Generally, an Urea-SCR system for diesel engines sets the NOx reduction efficiency to 80-90%. The SCR system is theoretically able to achieve the NOx reduction over 95%, but, due to the combination of design factors, the result is varying. The influence factors are the exhaust gas temperature, SCR control strategy, urea dosing parts, flow uniformity, etc. Some factors depend on the exhaust system package. Thus, a system engineer must consider the relation between variable requirements and variable design factors.
The design targets for aftertreatment package in this work are following:
Improvement of NOx reduction efficiency
Improvement of noise reduction performance
To meet Exhaust back-pressure requirement
Minimization of package volume
Minimization of urea-deposit
The aftertreament strategy of the discussed subject are the SCR system for EURO V and the DPF+SCR system for Japan 2009, the developed vehicle are the heavy duty truck and the express bus.
To meet the targets, next steps are carried out:
Investigation the design factor on SCR efficiency and urea-deposit
Analysis of the correlation between SCR efficiency and exhaust basic performance (Noise and flow resistance)

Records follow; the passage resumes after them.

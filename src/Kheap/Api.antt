-- ===== src/Kheap/Api.antt =====
-- `mm_init`, `mm_malloc` and `mm_free` of kheap.c, for sizes whose 32 low bits are a number below
-- 2 ^ 31 - 4103, where the arithmetic of `big_kmalloc` on ints does not wrap.
pub mod Wrap
use parallel_memory_allocato.Base.{
  ℕ, ◌+◌, ◌%◌, ◌^◌, ◌&&◌, Option, none, some, Outcome, ok, ◌>>=◌, leb, ◌==◌, if◌then◌else◌,
}
use parallel_memory_allocato.Memlib.{null, mem_init}
use parallel_memory_allocato.Kheap.Sizes.{largest_subpage_size}
use parallel_memory_allocato.Kheap.State.{State}
use parallel_memory_allocato.Kheap.Subpage.{subpage_kmalloc, subpage_kfree}
use parallel_memory_allocato.Kheap.Big.{big_kmalloc, big_kfree}

-- `mm_init`; `none` is its result -1. `dseg_lo` and `dseg_hi` are NULL until `mem_init` sets
-- them, and `dseg_end` is `dseg_hi + 1`.
unfoldable pub mm_init : (page_size block : ℕ) → State → Option State
unfolding mem_init
mm_init page_size block s =
    if s.dseg.dseg_lo == null && s.dseg.dseg_end == null + 1
    then elim (mem_init page_size block) [ none ↦ none | some d ↦ some (record s { dseg = d }) ]
    else some s

-- The call of `big_kmalloc` converts the size to an int.
unfoldable pub mm_malloc : ℕ → ℕ → State → Outcome (ℕ × State)
unfolding subpage_kmalloc big_kmalloc
mm_malloc fuel sz s =
    if leb largest_subpage_size sz
    then big_kmalloc fuel (sz % 2 ^ 32) s
    else subpage_kmalloc fuel sz s

unfoldable pub mm_free : ℕ → ℕ → State → Outcome State
unfolding subpage_kfree big_kfree
mm_free fuel ptr s =
    if ptr == null
    then ok s
    else subpage_kfree fuel ptr s >>= λ r. elim r [ none ↦ ok (big_kfree ptr s) | some s1 ↦ ok s1 ]
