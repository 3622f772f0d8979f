-- ===== src/Job/Junit/Merge.antt =====
-- core/bin/job/junit.rs: one job of a transaction that comes to a unit, new or beside one of its kind.
use sysmaster.Base.{
  ℕ, true, false, ◌≡◌, refl, none, some, arith, HashMap, get, insert, get-insert, insert-IsUnique,
  if◌then◌else◌, nat_eq, Bool-cases, Option-cases, inl, inr, ◌==◌, ◌∙◌, subst,
}
use sysmaster.Job.Kind.{JobKind, kind_eq, init, wait, running, or_attr, job_is_basic_op}
use sysmaster.Job.Rentry.{JobRe, key_eq}
use sysmaster.Job.Entry.{Job}
use sysmaster.Job.Heap.{Heap, write, wait_ref, merge_ref}
use sysmaster.Job.Junit.{JobUnit, update_ready, is_trigger}
use sysmaster.Job.Junit.Suspends.{insert_suspend}
use sysmaster.Job.Junit.Kept.{IsKept, IsFiled}

-- A job of a transaction: it stands under its own kind, which is basic, and was not started.
pub record IsOffered (h : Heap) (k : JobKind) (r : ℕ) : Type 0 where
  pub kind : (h.job r).kind ≡ k
  pub fresh : (h.job r).stage ≡ init
  pub basic : job_is_basic_op k ≡ true

abbrev pub AreOffered : Heap → HashMap JobKind ℕ → Type 0
AreOffered h m = (k : JobKind) (r : ℕ) → get m k ≡ some r → IsOffered h k r

-- The trigger of a unit, if it has one, runs.
abbrev pub HasRunning : JobUnit → Heap → Type 0
HasRunning d h = (t : ℕ) → d.trigger ≡ some t → (h.job t).stage ≡ running

-- The database with the suspend entry of a job.
abbrev pub filed_in : Heap → Job → JobRe
filed_in h j = record (h.rentry) {
  suspends = insert h.rentry.suspends (record { unit_id = j.unit; kind = j.kind }) j.attr;
}

pub wait_ref_lem :
    (h : Heap) (r : ℕ)
    → (h.job r).stage ≡ init
    → job_is_basic_op (h.job r).kind ≡ true
    → (h' : Heap) × (wait_ref h r ≡ some h')
      × ((s : ℕ) → h'.job s ≡ (if s == r then record (h.job r) { stage = wait } else h.job s))
unfolding wait_ref
wait_ref_lem h r i b =
    (write h r (record (h.job r) { stage = wait }) (filed_in h (h.job r)), ground arith, λ s. refl)

pub merge_ref_lem :
    (h : Heap) (r o : ℕ)
    → (h.job r).stage ≡ wait
    → (h.job r).kind ≡ (h.job o).kind
    → job_is_basic_op (h.job r).kind ≡ true
    → (h' : Heap) × (merge_ref h r o ≡ some h')
      × ((s : ℕ)
          → h'.job s ≡ (
              if s == r
              then record (h.job r) { attr = or_attr (h.job r).attr (h.job o).attr }
              else h.job s))
unfolding merge_ref
merge_ref_lem h r o w k b =
    let j : Job = record (h.job r) { attr = or_attr (h.job r).attr (h.job o).attr } in
    (
      write h r j (filed_in h j),
      ground (arith, kind_eq.beq_iff (h.job r).kind (h.job o).kind),
      λ s. refl,
    )

-- A change of one job that keeps its kind, and that it waits if it did.
abbrev pub Keeps : Heap → Heap → Type 0
Keeps h h' =
    (s : ℕ)
    → ((h'.job s).kind ≡ (h.job s).kind) × ((h.job s).stage ≡ wait → (h'.job s).stage ≡ wait)

pub IsKept-Keeps : (d : JobUnit) (h h' : Heap) → Keeps h h' → IsKept d h → IsKept d h'
IsKept-Keeps d h h' keeps kept = record {
  unique = kept.unique;
  filed = λ k r e.
      let f = kept.filed k r e in
      record { kind = (keeps r).0 ∙ f.kind; waits = (keeps r).1 f.waits; basic = f.basic };
}

-- The unit after one more job came to wait.
abbrev pub joined : JobUnit → JobKind → ℕ → JobUnit
joined d k r = record d {
  suspends = insert d.suspends k r;
  order = false;
  dirty = true;
  ready = false;
}

pub insert_suspend_steps :
    (d : JobUnit) (r : ℕ) (h : Heap) {h' : Heap} {k : JobKind}
    → (h.job r).kind ≡ k
    → job_is_basic_op k ≡ true
    → is_trigger d r ≡ false
    → get d.suspends k ≡ none
    → wait_ref h r ≡ some h'
    → insert_suspend d r true h ≡ some (joined d k r, h')
unfolding insert_suspend update_ready
insert_suspend_steps d r h ek b t g w = ground arith

pub joined-IsKept :
    (d : JobUnit) (h : Heap) (k : JobKind) (r : ℕ)
    → IsKept d h
    → IsFiled h k r
    → IsKept (joined d k r) h
joined-IsKept d h k r kept f = record {
  unique = insert-IsUnique d.suspends k r kept.unique;
  filed = λ j s e. elim (Bool-cases (k == j)) [
    | inl same ↦
        let p : k ≡ j = (kind_eq.beq_iff k j).0 same in
        let q : r ≡ s = ground (arith, get-insert d.suspends k r j) in
        subst (λ x. IsFiled h x s) p (subst (IsFiled h k) q f)
    | inr other ↦ kept.filed j s (ground (arith, get-insert d.suspends k r j))
  ];
}

pub not_trigger :
    (d : JobUnit) (h : Heap) (r : ℕ)
    → HasRunning d h
    → (h.job r).stage ≡ init
    → is_trigger d r ≡ false
unfolding is_trigger
not_trigger d h r run i = elim (Option-cases d.trigger) [
  | inl e ↦ ground arith
  | inr (t, e) ↦ ground (arith, run t e, nat_eq.beq_iff t r)
]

Application of the TRIZ method for a physical contradiction
Optimization of the exhaust package and experimental verification
The result of packaging optimization alone improves the NOx reduction efficiency and prevents urea deposits at the urea dosing unit. By the improved urea mixing designs on the exhaust package structure, the urea-deposit can be reduced from 14.3g to 5g. At the DPF+SCR system for Japan 2009, NOx reduction rate is improved from 69.4% to 75.7% at 13-mode cycle and JE05 mode. The urea spray quantity is improved from 7.0 g/kWh to 5.7g/kWh. In addition to the improvements in emission, the exhaust package volume at the same emission level can be reduced by 10%.